Chihuly exhibit: smashing Center open space hopes?

A proposal for Seattle Center to have a new Dale Chihuly exhibit has been sailing along quietly. But the plan runs counter to a master plan and the idea of preserving Center open space.
Crosscut archive image.

A Dale Chihuly artwork

A proposal for Seattle Center to have a new Dale Chihuly exhibit has been sailing along quietly. But the plan runs counter to a master plan and the idea of preserving Center open space.

A plan to turn part of the Seattle Center grounds into exhibit space for glass artist Dale Chihuly is generating controversy after gliding along quietly for months.

The plan would use the Center's existing Fun Forest arcade building, plus much of the open space where kiddie rides now stand, to create 44,000 square feet of exhibit space for Chihuly's work. Patrons would have to pay to enter the building, but some works would be installed outside, where the public could view them for free. The site would include an "art garden" and "glass house" separate from the building, as well as a gift shop and café inside.

The Seattle Design Commission, which serves as an advisory group to the mayor and city council, approved the "concept direction" for the proposal in January despite some concerns that too much of the space was closed off for paid admission. "Consider increasing the size of the area that can be enjoyed by the public for free," the commission urged, in a list of recommendations attached to its approval in minutes from the meeting.

The plan was scheduled for further discussion by the commission at a meeting Thursday afternoon (March 4), but was removed from the agenda without any official explanation. The proposal will go through at least two more stages of review by the commission, as the design gets more refined. If it gets final approval, and signoff from Mayor Mike McGinn, it will go to the council.

Robert Nellams, Seattle Center director, told the commission in January that the indoor-outdoor exhibit reflects the principles of the center's master plan. "It's about bringing vitality and vibrancy to the campus," Nellams said. He also touted the chance to showcase Chihuly, known around the world for his glass artworks, in his hometown; until now, the only public Chihuly showcase in the region has been the Museum of Glass in Tacoma.

"The premier glass artist in the world wants to be a part of this project," Nellams told the design commission. "This is a good thing."

But the center's Century 21 Master Plan, adopted by the council in August 2008 after nearly two years of study, shows the area as open space. "Five acres of valuable real estate returns to the public realm in January 2010," the plan states. "A significant space on the campus that is now most frequently an empty asphalt lot for carnival rides becomes an active, fun destination for children and families throughout the hours of the day and the days of the year. Surrounding the Space Needle will be a landscape expressing the abundance and sustainability of the earth, a naturally forested area, a structured urban forest, sustainable gardens and botanical terraces."
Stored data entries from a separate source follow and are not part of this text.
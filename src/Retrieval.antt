-- ===== src/Retrieval.antt =====
-- src/retrieval/retrieval.py: the applicable requirements of a category, ranked by how many of the
-- query's words they share.
pub mod Words
pub mod Ranking
use eu_ai_act_compliance.Prelude.{
  ℕ, zero, suc, ◌*◌, String, Bool, true, false, ◌||◌, Option, none, some, List, [], ◌∷◌, map,
  filter, length, take, ltb, any, is_empty, starts_with, contains, if◌then◌else◌,
}
use eu_ai_act_compliance.Prelude.Sort.{sort}
use eu_ai_act_compliance.Calendar.{Date}
use eu_ai_act_compliance.Persistence.Engine.{Engine}
use eu_ai_act_compliance.Schemas.Enums.ActorRole.{ActorRole}
use eu_ai_act_compliance.Legal.Store.{LegalStore}
use eu_ai_act_compliance.Legal.Queries.{
  RequirementResult, find_requirements, find_requirement_by_key,
}
use eu_ai_act_compliance.Retrieval.Words.{significant_words, contains_word}

-- The quotient of two small numbers, which the source rounds to a `float`. Two quotients of numbers
-- below 2^26 that differ round to doubles in the same order.
pub record Score : Type 0 where
  pub hits : ℕ
  pub of_words : ℕ

-- `a < b`
abbrev pub lower : Score → Score → Bool
lower a b = ltb (a.hits * b.of_words) (b.hits * a.of_words)

pub record RetrievedRequirement : Type 0 where
  pub requirement_key : String
  pub summary : String
  pub citation : String
  pub provision_text : String
  pub exceptions : List String
  pub relevance_score : Score

-- `len(query_words & candidate_words) / len(query_words)`
unfoldable pub keyword_score : String → String → Score
unfolding significant_words contains_word
keyword_score query_text candidate_text =
    let query_words = significant_words query_text in
    if is_empty query_words then record { hits = 0; of_words = 1 } else record {
      hits = length (filter (λ w. contains_word w (significant_words candidate_text)) query_words);
      of_words = length query_words;
    }

unfoldable pub to_retrieved : RequirementResult → Score → RetrievedRequirement
to_retrieved result score = record {
  requirement_key = result.requirement_key;
  summary = result.summary;
  citation = result.citation;
  provision_text = result.provision_text;
  exceptions = result.exceptions;
  relevance_score = score;
}

-- `key.startswith(prefixes)` for a tuple of prefixes
unfoldable pub starts_with_any : List String → String → Bool
starts_with_any prefixes key = any (λ p. starts_with key p) prefixes

abbrev pub prefix_filter : Option (List String) → List RequirementResult → List RequirementResult
prefix_filter none candidates = candidates
prefix_filter (some prefixes) candidates =
    filter (λ c. starts_with_any prefixes c.requirement_key) candidates

-- `scored.sort(key=..., reverse=True)` keeps the order of equal elements.
abbrev pub ranks_before : Score × RequirementResult → Score × RequirementResult → Bool
ranks_before (a, x) (b, y) = lower b a

module _ (engine : Engine) (store : LegalStore) where
  unfoldable pub retrieve :
      (query_text : String) (annex_iii_category : Option String) (actor_role : Option ActorRole)
      (as_of : Option Date) (requirement_key_prefixes : Option (List String)) (limit : ℕ)
      → List RetrievedRequirement
  unfolding to_retrieved
  retrieve query_text annex_iii_category actor_role as_of requirement_key_prefixes limit =
      let candidates =
        prefix_filter requirement_key_prefixes
          (find_requirements engine store annex_iii_category actor_role as_of) in
      let scored = map (λ c. (keyword_score query_text c.summary, c)) candidates in
      map (λ (score, c). to_retrieved c score) (take limit (sort ranks_before scored))

  unfoldable pub retrieve_by_key : String → Option RetrievedRequirement
  unfolding to_retrieved
  retrieve_by_key requirement_key = elim (find_requirement_by_key engine store requirement_key) [
    | none ↦ none
    | some result ↦ some (to_retrieved result (record { hits = 1; of_words = 1 }))
  ]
Some skeptics view the Chihuly proposal as a misguided departure from the master plan, a move that would take yet more of Seattle Center's space and cordon it off for people who can afford to buy a ticket.
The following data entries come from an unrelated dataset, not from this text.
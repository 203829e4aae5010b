-- ===== src/Classification.antt =====
-- src/classification/ and prompts/classifier/v1.py: from the facts about a system to a
-- classification of each category.
pub mod Prompt
pub mod Verdicts
pub mod Total
pub mod System
pub mod Dormant
use eu_ai_act_compliance.Prelude.{
  String, Bool, true, false, not, Option, none, some, List, [], ◌∷◌, map, filter, first, is_empty,
  contains, join, ◌+s◌, if◌then◌else◌,
}
use eu_ai_act_compliance.Result.{
  Exception, structured_output_error, Result, ok, err, ◌>>=◌ as and_then,
}
use eu_ai_act_compliance.Exec.{Exec, pure, raise, lift, continue, ◌>>=◌, ◌>>◌}
use eu_ai_act_compliance.Rendering.{Rendering}
use eu_ai_act_compliance.Calendar.{Date}
use eu_ai_act_compliance.Calendar.Iso.{isoformat}
use eu_ai_act_compliance.Llm.{LlmCallMetadata, ResponseModel, LlmClient}
use eu_ai_act_compliance.Persistence.Engine.{Engine}
use eu_ai_act_compliance.Legal.Store.{LegalStore}
use eu_ai_act_compliance.Retrieval.{RetrievedRequirement, retrieve}
use eu_ai_act_compliance.Schemas.Facts.{ExtractedFacts}
use eu_ai_act_compliance.Schemas.Floats.{zero, one}
use eu_ai_act_compliance.Schemas.Enums.Category
use eu_ai_act_compliance.Schemas.Enums.Category.{
  ClassificationCategory, scope, prohibited_practices, high_risk, gpai, transparency,
}
use eu_ai_act_compliance.Schemas.Enums.State.{insufficient_information, not_applicable}
use eu_ai_act_compliance.Schemas.Classification.{
  CitedRequirement, CategoryClassification, ClassificationResult, validate, classification_result,
}
use eu_ai_act_compliance.Classification.Prompt.{prompt_version, system_prompt, build_user_prompt}

-- `CATEGORY_KEY_PREFIXES`
unfoldable pub category_key_prefixes : ClassificationCategory → List String
category_key_prefixes scope = []
category_key_prefixes prohibited_practices = "EU-AI-ACT-ART5" ∷ []
category_key_prefixes high_risk = "EU-AI-ACT-ART6" ∷ "EU-AI-ACT-ANNEXIII" ∷ []
category_key_prefixes gpai = []
category_key_prefixes transparency = []

abbrev pub keys : List RetrievedRequirement → List String
keys candidates = map (λ c. c.requirement_key) candidates

unfoldable pub verify_citations :
    Rendering → CategoryClassification → List RetrievedRequirement → List String
unfolding contains
verify_citations rendering classification candidates =
    map (λ cited. "cited unretrieved requirement_key " +s rendering.repr cited.requirement_key)
      (filter (λ cited. not (contains cited.requirement_key (keys candidates)))
        classification.cited_requirements)

-- `_insufficient_information`
unfoldable pub insufficient : ClassificationCategory → String → Result CategoryClassification
insufficient category rationale = validate (record {
  category = category;
  state = insufficient_information;
  cited_requirements = [];
  rationale = rationale;
  confidence = zero;
})

abbrev pub not_ingested : ClassificationCategory → String
not_ingested category =
    "No legal requirements ingested for category=" +s Category.value category +s " yet."

abbrev pub none_in_force : ClassificationCategory → Date → String
none_in_force category as_of =
    "Legal requirements exist for category="
    +s Category.value category
    +s " but none are in force as of "
    +s isoformat as_of
    +s "."

-- `_not_yet_in_force`
unfoldable pub not_yet_in_force : ClassificationCategory → Date → Result CategoryClassification
not_yet_in_force category as_of = validate (record {
  category = category;
  state = not_applicable;
  cited_requirements = [];
  rationale = none_in_force category as_of;
  confidence = one;
})

-- `CategoryClassification.model_validate_json`, over the parser of JSON into the typed fields
abbrev pub classification_model :
    (String → Result CategoryClassification) → ResponseModel CategoryClassification
classification_model decode = record {
  name = "CategoryClassification";
  model_validate_json = λ raw. and_then (decode raw) validate;
}

abbrev pub wrong_category : ClassificationCategory → CategoryClassification → String
wrong_category category classification =
    "Model returned classification for category="
    +s Category.value classification.category
    +s ", expected "
    +s Category.value category
    +s "; failing closed."

abbrev pub unverified : CategoryClassification → List String → String
unverified classification problems =
    classification.rationale +s " [citation verification failed: " +s join "; " problems +s "]"

-- The tests behind the call: the category that was asked for, and the citations.
unfoldable pub check_answer :
    Rendering
    → ClassificationCategory
    → List RetrievedRequirement
    → CategoryClassification
    → Result CategoryClassification
check_answer rendering category candidates classification =
    if not (Category.eq classification.category category)
    then insufficient category (wrong_category category classification)
    else let problems = verify_citations rendering classification candidates in
      if not (is_empty problems)
      then insufficient category (unverified classification problems)
      else ok classification

module _ {S : Type 0} (client : LlmClient S) (rendering : Rendering)
    (decode : String → Result CategoryClassification) where
  -- The outcome of the call: its value, or what `except StructuredOutputError` makes of it.
  unfoldable pub answered :
      ClassificationCategory
      → List RetrievedRequirement
      → Result (CategoryClassification × LlmCallMetadata)
      → Result CategoryClassification
  answered category candidates (ok (classification, _)) =
      check_answer rendering category candidates classification
  answered category candidates (err (structured_output_error _ _)) =
      insufficient category "Model output failed schema validation twice; failing closed."
  answered category candidates (err e) = err e

  abbrev pub ask :
      ClassificationCategory
      → ExtractedFacts
      → List RetrievedRequirement
      → Exec S (CategoryClassification × LlmCallMetadata)
  ask category facts candidates =
      client.generate_structured CategoryClassification (classification_model decode)
        (system_prompt rendering) (build_user_prompt rendering category facts candidates)
        prompt_version

  unfoldable pub classify_category :
      ClassificationCategory
      → ExtractedFacts
      → List RetrievedRequirement
      → Exec S CategoryClassification
  unfolding answered
  classify_category category facts candidates s =
      if is_empty candidates
      then (
        insufficient category (
            "No ingested legal requirements available for category="
            +s Category.value category
            +s "."),
        s,
      )
      else let (r, s') = ask category facts candidates s in (answered category candidates r, s')

  module _ (engine : Engine) (store : LegalStore) (facts : ExtractedFacts) (as_of : Date) where
    -- `retrieve` for the first role of the system alone, or for any where it has none.
    abbrev pub candidates_for : List String → Option Date → List RetrievedRequirement
    candidates_for prefixes day =
        retrieve engine store (facts.system_description +s " " +s facts.intended_purpose) none
          (first facts.actor_roles) day (some prefixes) 10

    -- One round of the loop of `classify_system`.
    unfoldable pub assess_category : ClassificationCategory → Exec S CategoryClassification
    assess_category category s =
        let prefixes = category_key_prefixes category in
        let nothing_ingested = insufficient category (not_ingested category) in
        if is_empty prefixes
        then (nothing_ingested, s)
        else let candidates = candidates_for prefixes (some as_of) in
          if is_empty candidates
          then (
            (if is_empty (candidates_for prefixes none)
                then nothing_ingested
                else not_yet_in_force category as_of),
            s,
          )
          else classify_category category facts candidates s

    unfoldable pub assess_categories :
        List ClassificationCategory → Exec S (List CategoryClassification)
    assess_categories [] = pure []
    assess_categories (category ∷ rest) = do
      assessment ← assess_category category
      assessments ← assess_categories rest
      pure (assessment ∷ assessments)

    unfoldable pub classify_system : Exec S ClassificationResult
    classify_system = do
      assessments ← assess_categories Category.members
      lift (classification_result assessments)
"This is a big deal," said City Councilmember Sally Bagshaw, who heads the council's Parks & Seattle Center committee. "Seattle Center is 74 acres, and there are only 17 acres left that are open space. So let's preserve this." Bagshaw said she'd like to hear other ideas for the area, maybe even one that would dedicate the land to art and culture more broadly: "I want there to be a public process."
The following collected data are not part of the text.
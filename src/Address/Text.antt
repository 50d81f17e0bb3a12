-- ===== src/Address/Text.antt =====
-- The texts of an address: the constructor from one, and `ToString`.
use game_network.Base.{
  ℕ, zero, suc, ◌+◌, ◌*◌, ◌/◌, ◌%◌, ◌^◌, ◌<◌, ◌≡◌, refl, sym, ap, ap₂, get_or, ◌∙◌, arith, List, [],
  ◌∷◌, ◌++◌, Option, none, some, drop, append_assoc,
}
use game_network.Base.Bytes.{le_value, be_bytes}
use game_network.Platform.{Host}
use game_network.Address.{Address, get_a, get_b, get_c, get_d}
use game_network.Address.Decimal.{
  to_string, read_digits, read_digits-to_string, read_digits-to_string_end,
}
use game_network.Address.Octets.{low_byte}

-- `a.b.c.d`
abbrev pub dotted : ℕ → ℕ → ℕ → ℕ → List ℕ
dotted a b c d = to_string a ++ b'.' ∷ (to_string b ++ b'.' ∷ (to_string c ++ b'.' ∷ to_string d))

-- WinSock's `inet_pton` for AF_INET: the bytes that it stores, in network order, or none where the
-- text is no address. Four numbers below 256, with dots between them, are one.
pub record TextAddress : Type 0 where
  pub inet_pton : List ℕ → Option (List ℕ)
  pub inet_pton_dotted :
      (a b c d : ℕ)
      → a < 256
      → b < 256
      → c < 256
      → d < 256
      → inet_pton (dotted a b c d) ≡ some (a ∷ b ∷ c ∷ d ∷ [])

module _ (h : Host) (w : TextAddress) where
  -- What `m_address` has behind the call: it is 0 before.
  abbrev pub stored_address : Option (List ℕ) → ℕ
  stored_address none = 0
  stored_address (some bytes) = le_value bytes

  -- The constructor from a text. Where `inet_pton` refuses it, the address stays 0.
  unfoldable pub from_text : List ℕ → ℕ → Address
  from_text text port = record {
    address = h.long.ntoh (stored_address (w.inet_pton text));
    port = port;
  }

-- `ToString`
unfoldable pub to_text : Address → List ℕ
to_text x =
    to_string (get_a x)
    ++ b'.'
      ∷ (to_string (get_b x)
          ++ b'.'
            ∷ (to_string (get_c x) ++ b'.' ∷ (to_string (get_d x) ++ b':' ∷ to_string x.port)))

-- The numbers that a text shows, with one character between them.
unfoldable pub numbers : ℕ → List ℕ → List ℕ
unfolding read_digits
numbers zero s = []
numbers (suc n) s = let (value, rest) = read_digits 0 s in value ∷ numbers n (drop 1 rest)

-- The numbers of a dotted text.
pub numbers-dotted :
    (a b c d : ℕ)
    → a < 256
    → b < 256
    → c < 256
    → d < 256
    → numbers 4 (dotted a b c d) ≡ a ∷ b ∷ c ∷ d ∷ []
unfolding numbers
numbers-dotted a b c d p q r s =
    rw
      (
        read_digits-to_string a b'.' _ (omega arith) refl,
        read_digits-to_string b b'.' _ (omega arith) refl,
        read_digits-to_string c b'.' _ (omega arith) refl,
        read_digits-to_string_end d (omega arith),
      )
      refl

module _ (x : Address) (fits : x.address < 2 ^ 32) where
  get_a-lt : get_a x < 256
  get_a-lt = omega arith

  get_b-lt : get_b x < 256
  get_b-lt = omega (arith, low_byte (x.address / 2 ^ 16))

  get_c-lt : get_c x < 256
  get_c-lt = omega (arith, low_byte (x.address / 2 ^ 8))

  get_d-lt : get_d x < 256
  get_d-lt = omega (arith, low_byte x.address)

  -- An address is made of its octets.
  by_octets : x.address ≡ get_a x * 2 ^ 24 + get_b x * 2 ^ 16 + get_c x * 2 ^ 8 + get_d x
  by_octets =
      omega (arith, low_byte (x.address / 2 ^ 16), low_byte (x.address / 2 ^ 8), low_byte x.address)

  numbers-to_text :
      x.port < 2 ^ 16 → numbers 5 (to_text x) ≡ get_a x ∷ get_b x ∷ get_c x ∷ get_d x ∷ x.port ∷ []
  unfolding numbers to_text
  numbers-to_text small =
      rw
        (
          read_digits-to_string (get_a x) b'.' _ (omega (arith, get_a-lt)) refl,
          read_digits-to_string (get_b x) b'.' _ (omega (arith, get_b-lt)) refl,
          read_digits-to_string (get_c x) b'.' _ (omega (arith, get_c-lt)) refl,
          read_digits-to_string (get_d x) b':' _ (omega (arith, get_d-lt)) refl,
          read_digits-to_string_end x.port (omega arith),
        )
        refl

abbrev nth : ℕ → List ℕ → ℕ
nth n xs = get_or xs n 0

abbrev octets_value : List ℕ → ℕ
octets_value xs = nth 0 xs * 2 ^ 24 + nth 1 xs * 2 ^ 16 + nth 2 xs * 2 ^ 8 + nth 3 xs

-- Two addresses of 32 bits, with ports of 16, that `ToString` shows by the same text are equal.
pub to_text-injective :
    (x y : Address)
    → x.address < 2 ^ 32
    → y.address < 2 ^ 32
    → x.port < 2 ^ 16
    → y.port < 2 ^ 16
    → to_text x ≡ to_text y
    → x ≡ y
to_text-injective x y p q r s e =
    let same : (get_a x ∷ get_b x ∷ get_c x ∷ get_d x ∷ x.port ∷ [])
        ≡ (get_a y ∷ get_b y ∷ get_c y ∷ get_d y ∷ y.port ∷ []) =
      sym (numbers-to_text x p r) ∙ ap (numbers 5) e ∙ numbers-to_text y q s in
    let value : x.address ≡ y.address =
      by_octets x p ∙ ap octets_value same ∙ sym (by_octets y q) in
    let number : x.port ≡ y.port = ap (nth 4) same in
    ap₂ (λ a n. record { address = a; port = n }) value number

-- What `inet_pton` stores for the octets of an address.
octets_bytes :
    (x : Address)
    → x.address < 2 ^ 32
    → be_bytes 4 x.address ≡ get_a x ∷ get_b x ∷ get_c x ∷ get_d x ∷ []
unfolding be_bytes
octets_bytes x fits =
    let a : x.address / 256 / 256 / 256 % 256 ≡ get_a x = omega arith in
    let b : x.address / 256 / 256 % 256 ≡ get_b x = omega (arith, low_byte (x.address / 2 ^ 16)) in
    let c : x.address / 256 % 256 ≡ get_c x = omega (arith, low_byte (x.address / 2 ^ 8)) in
    let d : x.address % 256 ≡ get_d x = omega (arith, low_byte x.address) in
    ap₂ ◌∷◌ a (ap₂ ◌∷◌ b (ap₂ ◌∷◌ c (ap₂ ◌∷◌ d refl)))

module _ (h : Host) (w : TextAddress) where
  -- An address of 32 bits is shown as its dotted text, a colon and its port, and the constructor
  -- makes the same address again of that dotted text and the port.
  pub text_roundtrip :
      (x : Address)
      → x.address < 2 ^ 32
      → let text = dotted (get_a x) (get_b x) (get_c x) (get_d x) in
        (to_text x ≡ text ++ b':' ∷ to_string x.port) × (from_text h w text x.port ≡ x)
  unfolding to_text from_text
  text_roundtrip x fits = (
    simp append_assoc,
    ap (λ a. record { address = a; port = x.port })
        (ap (λ o. h.long.ntoh (stored_address h w o))
            (w.inet_pton_dotted (get_a x) (get_b x) (get_c x) (get_d x) (get_a-lt x fits)
              (get_b-lt x fits) (get_c-lt x fits) (get_d-lt x fits))
          ∙ ap (λ bs. h.long.ntoh (le_value bs)) (sym (octets_bytes x fits))
          ∙ h.long.ntoh_bytes x.address (omega arith)),
  )

  -- A text that `inet_pton` refuses makes the address 0.0.0.0.
  pub from_text-refused :
      (text : List ℕ) (port : ℕ)
      → w.inet_pton text ≡ none
      → from_text h w text port ≡ record { address = 0; port = port }
  unfolding from_text be_bytes le_value
  from_text-refused text port e =
      ap (λ a. record { address = a; port = port })
        (ap (λ o. h.long.ntoh (stored_address h w o)) e ∙ h.long.ntoh_bytes 0 (omega arith))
Norie Sato, the lone "no" vote on the design commission, said, "One of my concerns is that the space is going to become a paid space." But the artist — the only one on the 10-member commission — also felt the design needed more work: "If we're going to turn more public space into private space, we need to do something of extra quality, extra value. The design wasn't quite there yet."

Bagshaw said she did not know why the center didn't issue a "request for proposals" to solicit ideas for the use of the Fun Forest space. The rides will be removed and the arcade building emptied after Labor Day, when a lease to the private group that runs the carnival will expire. Another area — north of the monorail and east of the Center House — has been opened up to an RFP process. Seattle Center spokeswoman Deborah Daoust said she could not explain why one area is going through an RFP and another area isn't. Nellams, she said, was not available to comment.

Daoust did point out that the Fun Forest area always has been leased to a private, for-profit concessionaire, so the Chihuly idea is not a radical shift. In addition, she said, the Seattle Center has never been intended as pure open space. "We're not a park, we're an urban park," Daoust said. And the center, which must help support itself financially, has long made use of public-private partnerships and funding. The Space Needle itself is run as a for-profit entity by the Wright family, which helped build the structure in 1962, now owns it, and first proposed the Chihuly exhibit idea to Nellams last fall.

Between 1990 and 2008, the Center made use of $700 million in capital investments, and two-thirds of that was private money, Daoust said: "That's kind of how things work around here."

Bagshaw said she was told Thursday's design commission discussion was postponed because Seattle Center staff wanted to take more time with the design after questions had been raised. While Daoust would not discuss the postponement, she did say some elements of the design were still under review.

The design commission needs to review the plans at least two more times, when it reaches the "schematic design" stage and again at a stage called "design development." The group meets the first and third Thursday of every month.